Как-то, говоря о кинематографической смене, Наталья Борисовна посетовала: «Я столько смотрю дипломных работ, и все как-то мне…» Она не сказала «плохо», «не нравится», и, однако, было понятно чувство неудовлетворенности. Ей было с чем сравнивать. Талант расцветает, когда тому способствует дух времени и конкуренции.
Рязанцева сама училась во ВГИКе у мэтра сценарного дела Евгения Габриловича. Там же учились Владимир Валуцкий, Павел Финн и Геннадий Шпаликов, ставший ее первым мужем. Это была очень красивая пара. Рядом — Лариса Шепитько и Элем Климов (еще одна культовая пара), Андрей Тарковский и другие: генерация «детей войны» и «цветов оттепели». Их брак со Шпаликовым оказался «экспериментальным», студенческим: он быстро распался при столкновении с бытом, но при этом были любовь и, что не менее важно, чувство товарищества и поколенческой общности. Они вели богемную жизнь, а параллельно шла творческая: одно подпитывало другое. При этом смягчение общей атмосферы не исключало и доносов, и политических дел. Курс, на котором училась Рязанцева, разогнали. Ее сверстники мужали и закалялись не в тепличных условиях, и все же в кинематограф хлынула мощная новая волна.

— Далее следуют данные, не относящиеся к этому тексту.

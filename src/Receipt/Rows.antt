-- ===== src/Receipt/Rows.antt =====
-- The rows that an attestation collects, as signatures that a verification checks.
use khipu_consensus.Prelude.{
  ℕ, suc, ◌≡◌, refl, ap, true, false, Option, none, some, List, [], ◌∷◌, ◌++◌, arith, inl, inr,
  Bool-cases, All, length, map, Text, Bytes, text,
}
use khipu_consensus.Prelude.Texts.{text_eq}
use khipu_consensus.Python.Value.{Value, str, obj, Fields, find, get, is_str, truthy, or_else}
use khipu_consensus.Python.Dict.{Dict, lookup, has_key, member, dict_of}
use khipu_consensus.Python.Error.{ok, >>=-eq-ok, ok-injective}
use khipu_consensus.Python.Host.{Host, encode}
use khipu_consensus.Verdict.{
  Moment, organ_verdict_payload_type, canonical_json, pae, wire_row, sign_verdict,
}
use khipu_consensus.Verdict.Signing.{b64encode-truthy}
use khipu_consensus.Registry.{Witness, can_sign, sign}
use khipu_consensus.Registry.Fleet.{AreApart, AreApart-fewer}
use khipu_consensus.Policy.{named}
use khipu_consensus.Policy.Entries.{IsSignature, AreSignatures}
use khipu_consensus.Receipt.{collect, signature_value}

-- Neither the encoding of an object nor a signature is empty.
pub record IsProductive (H : Host) : Type 0 where
  pub body : (f : Fields) (b : Bytes) → canonical_json H (obj f) ≡ ok b → truthy (str b) ≡ true
  pub sig :
      (key : H.PrivateKey) (draw : ℕ) (message s : Bytes)
      → H.sign key draw message ≡ ok s
      → truthy (str s) ≡ true

append-truthy : (s t : Text) → truthy (str t) ≡ true → truthy (str (s ++ t)) ≡ true
append-truthy [] t h = h
append-truthy (c ∷ s) t h = refl

module _ (H : Host) (productive : IsProductive H) (trusted : Dict Value) where
  wire_row-IsSignature :
      (organ says reason : Value) (body sig : Bytes)
      → named organ ≡ true
      → is_str says ≡ true
      → is_str reason ≡ true
      → has_key organ trusted ≡ true
      → truthy (str body) ≡ true
      → truthy (str sig) ≡ true
      → IsSignature trusted (wire_row H organ says reason body sig)
  unfolding wire_row find text_eq
  wire_row-IsSignature organ says reason body sig o x r k b s = record {
    required = (
      o,
      (
        append-truthy _ (text "-cosign") refl,
        (refl, (b64encode-truthy body b, (b64encode-truthy sig s, tt))),
      ),
    );
    optional = (ground (arith, x), (ground (arith, r), tt));
    known = k;
  }

  sign_verdict-IsSignature :
      (organ action says pem reason lean_sha ts : Value) (m : Moment) (row : Fields)
      → named organ ≡ true
      → is_str says ≡ true
      → is_str reason ≡ true
      → has_key organ trusted ≡ true
      → sign_verdict H organ action says pem reason lean_sha ts m ≡ ok row
      → IsSignature trusted row × (get row (text "organ") ≡ organ)
  unfolding sign_verdict wire_row find text_eq
  sign_verdict-IsSignature organ action says pem reason lean_sha ts m row o x r k h =
      let (body, body_e, h1) = >>=-eq-ok (canonical_json H _) _ h in
      let (b, _, h2) = >>=-eq-ok (encode pem) _ h1 in
      let (key, _, h3) = >>=-eq-ok (H.load_private b) _ h2 in
      let (message, _, h4) = >>=-eq-ok (pae (str organ_verdict_payload_type) body) _ h3 in
      let (sig, sig_e, h5) = >>=-eq-ok (H.sign key m.draw message) _ h4 in
      let made : wire_row H organ says reason body sig ≡ row = ok-injective h5 in
      rw (← made) (
        wire_row-IsSignature organ says reason body sig o x r k (productive.body _ body body_e)
            (productive.sig key m.draw message sig sig_e),
        refl,
      )

  IsRow : Witness → Option Fields → Type 0
  IsRow w none = Unit
  IsRow w (some row) = IsSignature trusted row × (get row (text "organ") ≡ w.organ)

  sign-IsRow :
      (w : Witness) (action says reason lean_sha ts : Value) (m : Moment) (v : Option Fields)
      → named w.organ ≡ true
      → is_str says ≡ true
      → is_str reason ≡ true
      → has_key w.organ trusted ≡ true
      → sign H w action says reason lean_sha ts m ≡ ok v
      → IsRow w v
  unfolding sign IsRow
  sign-IsRow w action says reason lean_sha ts m v o x r k h = elim (Bool-cases (can_sign w)) [
    | inr silent ↦ let same : none ≡ v = ok-injective (rw silent at h) in rw (← same) tt
    | inl signs ↦
        let (row, made, e) =
          >>=-eq-ok (sign_verdict H w.organ action says w.private_key_pem reason lean_sha ts m)
            (λ row. ok (some row)) (rw signs at h) in
        let same : some row ≡ v = ok-injective e in
        rw (← same) (
          sign_verdict-IsSignature w.organ action says w.private_key_pem reason lean_sha ts m row o
            x r k made)
  ]

  -- The witnesses have names that are trusted, and what each is asked to say is a text.
  abbrev pub AreAsked : Fields → List Witness → Type 0
  AreAsked verdicts = All (λ (w : Witness).
      (named w.organ ≡ true)
      × (has_key w.organ trusted ≡ true)
      × (is_str (or_else (lookup w.organ (dict_of verdicts)) (str (text "allow"))) ≡ true))

  AreSignatures-cons :
      (w : Witness) (v : Option Fields) (seen : List Value) (ws : List Witness) (vs : List Value)
      → IsRow w v
      → member w.organ seen ≡ false
      → AreSignatures trusted (w.organ ∷ seen) vs
      → AreSignatures trusted seen vs
      → AreSignatures trusted seen (signature_value v ∷ vs)
  unfolding IsRow
  AreSignatures-cons w none seen ws vs row new h k = k
  AreSignatures-cons w (some d) seen ws vs (signed, own) new h k = (signed, rw own new, rw own h)

  pub collect-AreSignatures :
      (action : Value) (verdicts : Fields) (reason lean_sha : Value) (moments : Value → Moment)
      (ws : List Witness) (seen : List Value) (vs : List (Option Fields))
      → is_str reason ≡ true
      → AreAsked verdicts ws
      → AreApart seen ws
      → collect H action verdicts reason lean_sha moments ws ≡ ok vs
      → AreSignatures trusted seen (map signature_value vs) × (length vs ≡ length ws)
  unfolding collect member
  collect-AreSignatures action verdicts reason lean_sha moments [] seen vs r a apart h =
      let same : [] ≡ vs = ok-injective h in rw (← same) (tt, refl)
  collect-AreSignatures action verdicts reason lean_sha moments (w ∷ ws) seen vs r ((o, k, x), a)
        (new, apart) h =
      let (v, signed, h1) =
        >>=-eq-ok (sign H w action _ reason lean_sha (str (text "")) (moments w.organ)) _ h in
      let (rest, collected, h2) =
        >>=-eq-ok (collect H action verdicts reason lean_sha moments ws) _ h1 in
      let same : v ∷ rest ≡ vs = ok-injective h2 in
      let fewer = AreApart-fewer seen (w.organ ∷ seen) ws (λ u g. ground (arith, g)) apart in
      let (with, long) =
        collect-AreSignatures action verdicts reason lean_sha moments ws (w.organ ∷ seen) rest r a
          apart collected in
      let (without, _) =
        collect-AreSignatures action verdicts reason lean_sha moments ws seen rest r a fewer
          collected in
      let row =
        sign-IsRow w action _ reason lean_sha (str (text "")) (moments w.organ) v o x r k signed in
      rw (← same) (
        AreSignatures-cons w v seen ws (map signature_value rest) row new with without,
        ap (λ (m : ℕ). suc m) long,
      )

В фильмографии Рязанцевой 18 фильмов, из них три выдающихся. Два из них сняты режиссерами-женщинами — «Крылья» Ларисы Шепитько и «Долгие проводы» Киры Муратовой. Третий — «Чужие письма» — поставил Илья Авербах, второй муж Рязанцевой и утонченный мастер «ленинградской школы». Во всех трех — пронзительные женские образы. Сегодняшний бум феминизма словно бы и не замечает сделанного женщинами в кинематографе еще несколько десятилетий назад. Тогда «женский взгляд» не обсуждался как альтернатива мужскому, критерием был талант, и только он. Рязанцева отвечала этому критерию стопроцентно.

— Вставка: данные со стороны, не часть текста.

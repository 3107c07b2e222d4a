-- ===== src/Receipt/Unsigned.antt =====
-- What `attest` makes of witnesses that hold no key.
use khipu_consensus.Prelude.{
  ℕ, ◌≡◌, refl, ap, ◌∙◌, true, false, Option, none, List, [], ◌∷◌, arith, map, All,
}
use khipu_consensus.Python.Value.{Value, Fields, nat}
use khipu_consensus.Python.Dict.{Dict}
use khipu_consensus.Python.Error.{ok}
use khipu_consensus.Python.Host.{Host}
use khipu_consensus.Verdict.{Moment, version}
use khipu_consensus.Tally.{
  Progress, outset, log, abstained, rejected, decide, valid_quorum_counts, run, step, tally, report,
  ratio, ConsensusResult,
}
use khipu_consensus.Registry.{Witness, WitnessRegistry, can_sign, sign, all, n, pubkeys, public_all}
use khipu_consensus.Verify.Decides.{nat_threshold}
use khipu_consensus.Receipt.{
  MultiWitnessReceipt, receipt_schema, safety_status, item_of, collect, attest,
}

abbrev pub IsUnsigned : Witness → Type 0
IsUnsigned w = can_sign w ≡ false

abbrev silent : List Witness → List (Option Fields)
silent = map (λ (w : Witness). none)

-- a threshold above 0 is not reached by no verdict
short_of_one : (t m : ℕ) → valid_quorum_counts (nat t) (nat m) ≡ true → decide 0 (nat t) ≡ rejected
unfolding valid_quorum_counts
short_of_one t m q = ground arith

undecided :
    (threshold : Value) (m : ℕ)
    → valid_quorum_counts threshold (nat m) ≡ true
    → decide 0 threshold ≡ rejected
undecided threshold m q =
    let (t, level) = nat_threshold threshold (nat m) q in
    rw level (short_of_one t m (rw (← level) q))

module _ (H : Host) (action_hash : Value) where
  -- the receipt of a result in which no witness signed
  abbrev receipt_of : WitnessRegistry → ConsensusResult → MultiWitnessReceipt
  receipt_of reg result = record {
    schema = receipt_schema;
    action_hash = action_hash;
    threshold = reg.threshold;
    n = n reg;
    decision = result.decision;
    consensus_count = result.consensus_count;
    khipu_consensus = ratio H result;
    signatures = silent (all reg);
    checks = result.checks;
    witnesses = public_all H reg;
    provenance = safety_status;
    version = version;
  }

  collect_unsigned :
      (verdicts : Fields) (reason lean_sha : Value) (moments : Value → Moment) (ws : List Witness)
      → All IsUnsigned ws
      → collect H action_hash verdicts reason lean_sha moments ws ≡ ok (silent ws)
  unfolding collect sign
  collect_unsigned verdicts reason lean_sha moments [] h = refl
  collect_unsigned verdicts reason lean_sha moments (w ∷ ws) (u, h) =
      rw (u, collect_unsigned verdicts reason lean_sha moments ws h) refl

  run-silent :
      (pubkeys : Dict Value) (ws : List Witness) (p : Progress)
      → (q : Progress) × (run H action_hash pubkeys p (map item_of (silent ws)) ≡ ok q)
        × (q.count ≡ p.count)
  unfolding run step
  run-silent pubkeys [] p = (p, refl, refl)
  run-silent pubkeys (w ∷ ws) p = run-silent pubkeys ws (log p abstained)

  tally-silent :
      (pubkeys : Dict Value) (ws : List Witness) (threshold : Value) (m : ℕ)
      → valid_quorum_counts threshold (nat m) ≡ true
      → (r : ConsensusResult) × (tally H action_hash pubkeys
            (map item_of (silent ws))
            threshold
            (nat m)
          ≡ ok r)
        × (r.decision ≡ rejected)
        × (r.consensus_count ≡ 0)
  unfolding tally
  tally-silent pubkeys ws threshold m q =
      let (p, ran, no_count) = run-silent pubkeys ws outset in
      (
        report H action_hash pubkeys threshold (nat m) p.count (decide p.count threshold) p.checks,
        rw (q, ran) refl,
        ap (λ (c : ℕ). decide c threshold) no_count ∙ undecided threshold m q,
        no_count,
      )

  -- Where no witness holds a key and the quorum counts are valid, an attestation returns a
  -- receipt that says rejected with a count of 0 and no signature.
  pub attest_unsigned :
      (reg : WitnessRegistry) (verdicts : Fields) (reason lean_sha : Value)
      (moments : Value → Moment)
      → All IsUnsigned (all reg)
      → valid_quorum_counts reg.threshold (nat (n reg)) ≡ true
      → (r : MultiWitnessReceipt) × (attest H action_hash reg verdicts reason lean_sha moments
          ≡ ok r)
        × (r.decision ≡ rejected)
        × (r.consensus_count ≡ 0)
        × (r.signatures ≡ silent (all reg))
  unfolding attest
  attest_unsigned reg verdicts reason lean_sha moments h q =
      let (result, tallied, says, no_count) =
        tally-silent (pubkeys reg) (all reg) reg.threshold (n reg) q in
      let made = collect_unsigned verdicts reason lean_sha moments (all reg) h in
      (receipt_of reg result, rw (q, made, tallied) refl, says, no_count, refl)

Значение ее работы для кино, не только российского, не только оттепельного, чрезвычайно. Ее чуткость к реалиям, ее жесткая и точная манера письма, ее моральная непреклонность («Нельзя читать чужие письма!») во многом определили художественный стиль времени. Казалось, что в последние годы она существует незаметно, ведь ее эпоха — шестидесятые-семидесятые, Шпаликов, Шепитько, Авербах, Муратова — прошла. Но именно верность эпохе и ее культам стала ее формой независимости.

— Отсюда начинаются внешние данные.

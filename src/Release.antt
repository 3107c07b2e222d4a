-- ===== src/Release.antt =====
-- .github/scripts/szl_pypi_release_gate.py: the gate that builds a distribution and binds it to its
-- tag.
pub mod Names
pub mod Project
pub mod Wheel
pub mod Gate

Когда радикально менялись время, культура и стиль, Рязанцева хранила благородный консерватизм. Мы оказались с ней на Венецианском фестивале 1988 года. Она была членом официального жюри, которое наградило за сценарий фильм «Женщины на грани нервного срыва» Педро Альмодовара. Он еще не был классиком, и Рязанцева назвала его «Бунюэлем для бедных». И еще сказала: «В этом фильме есть один гениальный эпизод, но у нас же нет такого приза, пришлось отдать за весь сценарий…»
Ей ничего не стоило признаться в том, например, что ей чужд и несимпатичен общий любимец Сергей Параджанов, с которым оказалась в непосредственной близости на том самом Венецианском фестивале. Но это она могла сказать в интервью, когда ее спрашивали, поскольку была человеком прямым. Однако мнений своих никому не навязывала. Она могла многое оценить, но полюбить — это совсем другое дело: «Я не слишком люблю американское кино… То есть его никогда не хочется пересматривать, оно очень хорошо сделано, но поскольку сразу все знаешь… Но они замечательно превратили это в индустрию. У нас такого, конечно, не будет, но, может, и слава богу».
С Натальей Рязанцевой ушла аура «ленинградской школы» и того кино, которое было советским и антисоветским одновременно. Может, потому оно и живет, и даже сейчас, когда все, кажется, потеряло ценность, хватает за душу.